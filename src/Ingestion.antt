-- ===== src/Ingestion.antt =====
-- backend/app/ingestion/pipeline.py and backend/app/workers/ingestion_tasks.py: what the adapters
-- fetch is resolved, kept once, and stored. The children hold the rows and the session (`Model`),
-- the slugs (`Slugs`), mentions in prose (`Mentions`), places and reviews (`Places`, `Evidence`) and
-- the worker's runs (`Jobs`).
pub mod Model
pub mod Slugs
pub mod Mentions
pub mod Places
pub mod Evidence
pub mod Jobs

************

**Action item:**
Show all lines above holding the word "Model".

**Answer to this problem:**
-- fetch is resolved, kept once, and stored. The children hold the rows and the session (`Model`),
pub mod Model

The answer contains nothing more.